Your task —
From the line with "within 9 13 c" to the line with "keep_right : (ℕ → Bool) → ℕ → Text → Text", retype every line exactly, including those two, and leave out the rest of the data below.

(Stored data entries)
== Segment start ==

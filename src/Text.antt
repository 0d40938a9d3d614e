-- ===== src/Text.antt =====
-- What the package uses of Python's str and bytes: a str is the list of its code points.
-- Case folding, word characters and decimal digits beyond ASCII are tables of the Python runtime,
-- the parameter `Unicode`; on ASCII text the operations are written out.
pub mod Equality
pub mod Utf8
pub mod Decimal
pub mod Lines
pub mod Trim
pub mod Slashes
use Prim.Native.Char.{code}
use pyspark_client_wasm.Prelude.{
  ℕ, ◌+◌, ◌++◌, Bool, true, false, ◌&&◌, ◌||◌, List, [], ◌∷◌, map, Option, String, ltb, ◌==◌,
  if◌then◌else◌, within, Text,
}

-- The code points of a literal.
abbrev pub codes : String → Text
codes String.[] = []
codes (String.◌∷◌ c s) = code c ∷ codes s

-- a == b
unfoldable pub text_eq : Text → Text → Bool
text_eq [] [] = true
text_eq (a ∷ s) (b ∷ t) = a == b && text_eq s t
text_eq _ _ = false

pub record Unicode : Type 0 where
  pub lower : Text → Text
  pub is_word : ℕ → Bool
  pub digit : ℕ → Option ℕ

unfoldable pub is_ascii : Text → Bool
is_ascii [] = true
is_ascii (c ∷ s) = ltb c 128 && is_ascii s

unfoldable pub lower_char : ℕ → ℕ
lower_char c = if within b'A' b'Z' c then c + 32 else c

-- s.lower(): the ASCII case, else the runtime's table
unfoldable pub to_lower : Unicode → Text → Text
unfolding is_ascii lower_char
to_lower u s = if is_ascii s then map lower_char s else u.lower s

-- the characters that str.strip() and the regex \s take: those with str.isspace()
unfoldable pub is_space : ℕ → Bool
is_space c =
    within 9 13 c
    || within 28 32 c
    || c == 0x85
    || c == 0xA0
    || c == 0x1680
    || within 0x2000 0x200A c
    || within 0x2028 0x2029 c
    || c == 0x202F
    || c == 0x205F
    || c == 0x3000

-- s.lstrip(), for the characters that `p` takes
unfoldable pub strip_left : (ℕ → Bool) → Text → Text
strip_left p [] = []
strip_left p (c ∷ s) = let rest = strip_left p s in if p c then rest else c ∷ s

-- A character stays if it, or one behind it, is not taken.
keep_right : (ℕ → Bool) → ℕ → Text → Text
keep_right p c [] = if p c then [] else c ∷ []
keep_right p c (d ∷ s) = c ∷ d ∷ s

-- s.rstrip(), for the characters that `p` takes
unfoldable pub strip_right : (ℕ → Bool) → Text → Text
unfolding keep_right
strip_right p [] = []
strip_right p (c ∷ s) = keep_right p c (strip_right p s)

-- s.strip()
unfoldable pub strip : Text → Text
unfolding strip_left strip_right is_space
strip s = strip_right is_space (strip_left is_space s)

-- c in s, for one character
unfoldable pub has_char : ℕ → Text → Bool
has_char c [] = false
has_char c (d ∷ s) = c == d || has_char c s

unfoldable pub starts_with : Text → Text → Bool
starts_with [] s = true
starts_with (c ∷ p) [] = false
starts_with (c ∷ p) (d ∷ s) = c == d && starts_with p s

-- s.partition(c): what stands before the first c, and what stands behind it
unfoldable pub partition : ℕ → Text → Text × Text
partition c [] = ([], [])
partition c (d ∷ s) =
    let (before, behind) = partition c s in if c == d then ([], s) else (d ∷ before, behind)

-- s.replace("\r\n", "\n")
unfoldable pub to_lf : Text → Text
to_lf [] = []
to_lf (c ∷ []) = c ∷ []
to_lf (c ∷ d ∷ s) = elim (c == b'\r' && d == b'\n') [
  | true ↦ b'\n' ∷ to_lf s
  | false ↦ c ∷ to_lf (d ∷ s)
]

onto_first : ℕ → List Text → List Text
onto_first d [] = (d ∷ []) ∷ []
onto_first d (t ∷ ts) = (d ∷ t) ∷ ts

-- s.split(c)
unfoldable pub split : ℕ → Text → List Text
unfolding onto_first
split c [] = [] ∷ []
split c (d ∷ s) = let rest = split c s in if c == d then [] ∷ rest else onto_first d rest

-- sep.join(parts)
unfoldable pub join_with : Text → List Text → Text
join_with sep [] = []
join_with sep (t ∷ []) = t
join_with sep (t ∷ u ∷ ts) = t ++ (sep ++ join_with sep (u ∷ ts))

== Segment end ==
== Segment start ==

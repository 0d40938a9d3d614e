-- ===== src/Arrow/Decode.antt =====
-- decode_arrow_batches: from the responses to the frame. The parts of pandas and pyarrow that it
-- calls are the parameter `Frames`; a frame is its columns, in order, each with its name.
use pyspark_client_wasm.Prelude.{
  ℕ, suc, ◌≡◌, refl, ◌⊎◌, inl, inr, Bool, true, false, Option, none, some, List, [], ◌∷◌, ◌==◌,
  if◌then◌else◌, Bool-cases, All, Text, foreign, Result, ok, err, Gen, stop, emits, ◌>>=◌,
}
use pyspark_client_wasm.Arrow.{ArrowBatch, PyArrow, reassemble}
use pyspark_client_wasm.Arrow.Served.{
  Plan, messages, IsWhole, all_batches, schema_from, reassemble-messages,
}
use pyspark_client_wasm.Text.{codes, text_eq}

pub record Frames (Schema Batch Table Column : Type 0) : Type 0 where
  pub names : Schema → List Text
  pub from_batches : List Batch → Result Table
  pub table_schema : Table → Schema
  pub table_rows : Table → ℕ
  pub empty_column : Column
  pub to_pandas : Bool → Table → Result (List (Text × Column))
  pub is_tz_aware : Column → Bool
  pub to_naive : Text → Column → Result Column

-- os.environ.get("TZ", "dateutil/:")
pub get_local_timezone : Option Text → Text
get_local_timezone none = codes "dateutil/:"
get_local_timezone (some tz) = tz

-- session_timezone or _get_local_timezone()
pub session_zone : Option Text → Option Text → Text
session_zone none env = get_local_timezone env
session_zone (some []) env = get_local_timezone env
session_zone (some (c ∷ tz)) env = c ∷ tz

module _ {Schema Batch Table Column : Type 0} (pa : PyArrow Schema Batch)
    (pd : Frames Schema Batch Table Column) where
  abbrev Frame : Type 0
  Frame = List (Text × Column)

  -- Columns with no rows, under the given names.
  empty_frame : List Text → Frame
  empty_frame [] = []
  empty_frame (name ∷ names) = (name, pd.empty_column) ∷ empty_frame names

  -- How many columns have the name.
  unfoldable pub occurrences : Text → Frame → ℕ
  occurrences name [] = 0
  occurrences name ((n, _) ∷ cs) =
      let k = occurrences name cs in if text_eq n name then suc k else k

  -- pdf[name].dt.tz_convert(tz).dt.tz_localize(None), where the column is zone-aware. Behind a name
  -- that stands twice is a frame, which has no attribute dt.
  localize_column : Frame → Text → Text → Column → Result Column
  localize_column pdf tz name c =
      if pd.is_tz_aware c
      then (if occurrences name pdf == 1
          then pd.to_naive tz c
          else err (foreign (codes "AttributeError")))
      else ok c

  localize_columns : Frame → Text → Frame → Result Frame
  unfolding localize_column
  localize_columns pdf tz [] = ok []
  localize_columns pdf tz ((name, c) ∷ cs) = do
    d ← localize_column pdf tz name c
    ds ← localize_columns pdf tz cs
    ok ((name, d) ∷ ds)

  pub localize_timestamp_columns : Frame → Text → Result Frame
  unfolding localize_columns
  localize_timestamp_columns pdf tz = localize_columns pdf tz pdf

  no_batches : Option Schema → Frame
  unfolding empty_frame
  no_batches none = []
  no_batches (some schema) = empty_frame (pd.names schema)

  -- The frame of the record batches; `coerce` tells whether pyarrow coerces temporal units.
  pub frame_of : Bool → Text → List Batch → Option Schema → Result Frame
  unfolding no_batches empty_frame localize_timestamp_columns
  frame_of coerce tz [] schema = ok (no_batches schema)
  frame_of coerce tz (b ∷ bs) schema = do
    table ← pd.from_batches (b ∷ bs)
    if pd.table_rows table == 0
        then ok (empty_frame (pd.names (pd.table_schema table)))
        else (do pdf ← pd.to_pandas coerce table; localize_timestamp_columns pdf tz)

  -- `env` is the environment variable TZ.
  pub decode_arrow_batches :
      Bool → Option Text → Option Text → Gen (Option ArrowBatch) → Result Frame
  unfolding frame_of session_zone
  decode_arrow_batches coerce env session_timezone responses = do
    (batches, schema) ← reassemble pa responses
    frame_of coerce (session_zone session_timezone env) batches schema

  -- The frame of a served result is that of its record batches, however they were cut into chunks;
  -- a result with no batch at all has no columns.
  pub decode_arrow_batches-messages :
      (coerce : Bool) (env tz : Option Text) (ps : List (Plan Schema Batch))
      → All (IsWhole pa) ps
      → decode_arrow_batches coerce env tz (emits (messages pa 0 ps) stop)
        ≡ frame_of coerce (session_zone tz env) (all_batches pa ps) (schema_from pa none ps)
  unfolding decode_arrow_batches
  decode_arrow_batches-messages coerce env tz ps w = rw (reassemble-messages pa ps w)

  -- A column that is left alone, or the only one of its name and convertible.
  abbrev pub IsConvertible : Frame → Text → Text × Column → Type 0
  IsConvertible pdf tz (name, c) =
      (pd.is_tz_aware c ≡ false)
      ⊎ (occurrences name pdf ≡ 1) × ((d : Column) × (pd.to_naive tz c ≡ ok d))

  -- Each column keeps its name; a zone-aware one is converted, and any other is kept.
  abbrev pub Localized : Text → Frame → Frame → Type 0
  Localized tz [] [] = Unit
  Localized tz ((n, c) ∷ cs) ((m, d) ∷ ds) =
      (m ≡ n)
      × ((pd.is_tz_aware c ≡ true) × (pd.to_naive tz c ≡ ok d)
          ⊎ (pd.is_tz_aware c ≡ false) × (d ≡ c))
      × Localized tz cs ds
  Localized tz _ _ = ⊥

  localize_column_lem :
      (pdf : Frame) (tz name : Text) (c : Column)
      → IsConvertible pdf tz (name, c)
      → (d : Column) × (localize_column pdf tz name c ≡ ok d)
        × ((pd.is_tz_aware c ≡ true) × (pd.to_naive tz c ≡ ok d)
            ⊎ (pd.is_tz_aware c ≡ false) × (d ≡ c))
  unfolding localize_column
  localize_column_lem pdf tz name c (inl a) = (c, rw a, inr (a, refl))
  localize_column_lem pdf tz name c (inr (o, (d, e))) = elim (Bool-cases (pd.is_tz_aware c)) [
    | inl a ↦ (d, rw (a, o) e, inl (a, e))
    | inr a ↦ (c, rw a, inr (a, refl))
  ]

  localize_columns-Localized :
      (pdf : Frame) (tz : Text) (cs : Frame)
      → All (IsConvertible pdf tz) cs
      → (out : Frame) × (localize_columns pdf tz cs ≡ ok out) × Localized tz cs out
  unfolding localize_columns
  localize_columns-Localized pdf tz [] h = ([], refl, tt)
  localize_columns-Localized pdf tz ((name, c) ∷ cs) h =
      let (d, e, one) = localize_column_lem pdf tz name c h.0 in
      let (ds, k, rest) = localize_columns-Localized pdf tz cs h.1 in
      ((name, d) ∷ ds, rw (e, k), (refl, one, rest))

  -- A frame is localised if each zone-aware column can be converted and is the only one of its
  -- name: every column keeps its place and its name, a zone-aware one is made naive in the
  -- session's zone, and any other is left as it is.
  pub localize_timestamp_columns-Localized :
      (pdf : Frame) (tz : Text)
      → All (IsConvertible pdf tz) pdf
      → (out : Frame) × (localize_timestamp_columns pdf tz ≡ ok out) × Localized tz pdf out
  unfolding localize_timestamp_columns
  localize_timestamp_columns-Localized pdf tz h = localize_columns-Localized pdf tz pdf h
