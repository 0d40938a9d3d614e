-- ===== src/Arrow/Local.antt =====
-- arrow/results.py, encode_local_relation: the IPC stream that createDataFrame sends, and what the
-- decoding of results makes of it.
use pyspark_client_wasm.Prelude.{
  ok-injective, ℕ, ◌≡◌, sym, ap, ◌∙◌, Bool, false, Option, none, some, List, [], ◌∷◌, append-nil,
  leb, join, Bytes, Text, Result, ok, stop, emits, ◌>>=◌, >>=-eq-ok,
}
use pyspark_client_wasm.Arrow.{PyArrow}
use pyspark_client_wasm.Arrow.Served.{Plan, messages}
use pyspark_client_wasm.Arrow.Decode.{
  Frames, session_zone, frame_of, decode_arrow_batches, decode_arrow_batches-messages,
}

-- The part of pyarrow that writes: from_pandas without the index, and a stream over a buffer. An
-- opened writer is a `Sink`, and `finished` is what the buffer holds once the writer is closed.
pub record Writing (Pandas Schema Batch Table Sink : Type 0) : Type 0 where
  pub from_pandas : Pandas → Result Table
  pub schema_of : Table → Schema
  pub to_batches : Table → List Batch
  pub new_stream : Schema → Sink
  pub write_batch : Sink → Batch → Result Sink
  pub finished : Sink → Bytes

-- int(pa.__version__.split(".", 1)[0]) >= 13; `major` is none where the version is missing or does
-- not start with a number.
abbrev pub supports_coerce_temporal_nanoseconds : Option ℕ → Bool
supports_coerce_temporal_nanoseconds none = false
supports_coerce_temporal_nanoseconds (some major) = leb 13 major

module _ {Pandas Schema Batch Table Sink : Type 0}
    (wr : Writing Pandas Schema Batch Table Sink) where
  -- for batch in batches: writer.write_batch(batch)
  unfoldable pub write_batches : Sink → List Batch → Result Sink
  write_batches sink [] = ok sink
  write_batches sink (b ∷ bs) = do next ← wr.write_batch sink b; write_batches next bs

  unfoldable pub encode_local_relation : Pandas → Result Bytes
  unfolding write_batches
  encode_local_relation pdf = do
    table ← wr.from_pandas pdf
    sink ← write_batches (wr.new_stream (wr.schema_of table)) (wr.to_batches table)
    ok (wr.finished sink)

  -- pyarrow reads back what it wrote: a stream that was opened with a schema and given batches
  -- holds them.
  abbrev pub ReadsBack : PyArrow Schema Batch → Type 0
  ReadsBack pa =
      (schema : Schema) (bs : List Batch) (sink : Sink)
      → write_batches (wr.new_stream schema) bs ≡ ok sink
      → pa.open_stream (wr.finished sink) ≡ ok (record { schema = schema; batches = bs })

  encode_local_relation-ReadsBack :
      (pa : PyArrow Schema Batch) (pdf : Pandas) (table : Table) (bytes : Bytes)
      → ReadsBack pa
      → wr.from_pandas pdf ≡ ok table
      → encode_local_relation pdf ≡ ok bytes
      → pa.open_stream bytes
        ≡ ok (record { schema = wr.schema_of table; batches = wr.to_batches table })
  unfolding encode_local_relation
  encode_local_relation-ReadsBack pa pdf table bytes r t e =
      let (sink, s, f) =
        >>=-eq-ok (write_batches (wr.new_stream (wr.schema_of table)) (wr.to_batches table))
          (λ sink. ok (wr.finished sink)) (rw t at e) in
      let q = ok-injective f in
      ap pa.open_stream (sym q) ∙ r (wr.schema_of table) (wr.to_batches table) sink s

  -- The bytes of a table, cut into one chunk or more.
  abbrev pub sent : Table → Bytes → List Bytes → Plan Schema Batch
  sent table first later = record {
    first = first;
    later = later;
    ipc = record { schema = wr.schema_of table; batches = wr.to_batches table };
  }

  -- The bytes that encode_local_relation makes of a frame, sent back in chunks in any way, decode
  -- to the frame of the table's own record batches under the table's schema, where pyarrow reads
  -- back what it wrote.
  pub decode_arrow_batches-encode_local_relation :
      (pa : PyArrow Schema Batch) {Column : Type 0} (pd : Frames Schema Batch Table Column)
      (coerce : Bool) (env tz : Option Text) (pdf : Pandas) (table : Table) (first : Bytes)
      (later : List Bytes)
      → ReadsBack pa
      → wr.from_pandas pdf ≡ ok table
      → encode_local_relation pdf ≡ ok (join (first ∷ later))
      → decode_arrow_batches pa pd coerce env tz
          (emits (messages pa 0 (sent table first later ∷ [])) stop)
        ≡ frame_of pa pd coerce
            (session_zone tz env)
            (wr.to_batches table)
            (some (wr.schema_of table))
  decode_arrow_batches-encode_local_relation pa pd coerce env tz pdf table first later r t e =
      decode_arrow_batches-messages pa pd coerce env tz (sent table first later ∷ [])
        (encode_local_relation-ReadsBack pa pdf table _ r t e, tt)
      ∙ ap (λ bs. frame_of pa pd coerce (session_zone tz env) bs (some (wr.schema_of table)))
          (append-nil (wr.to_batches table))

== Segment end ==

Written solution —
    within 9 13 c
    || within 28 32 c
    || c == 0x85
    || c == 0xA0
    || c == 0x1680
    || within 0x2000 0x200A c
    || within 0x2028 0x2029 c
    || c == 0x202F
    || c == 0x205F
    || c == 0x3000

-- s.lstrip(), for the characters that `p` takes
unfoldable pub strip_left : (ℕ → Bool) → Text → Text
strip_left p [] = []
strip_left p (c ∷ s) = let rest = strip_left p s in if p c then rest else c ∷ s

-- A character stays if it, or one behind it, is not taken.
keep_right : (ℕ → Bool) → ℕ → Text → Text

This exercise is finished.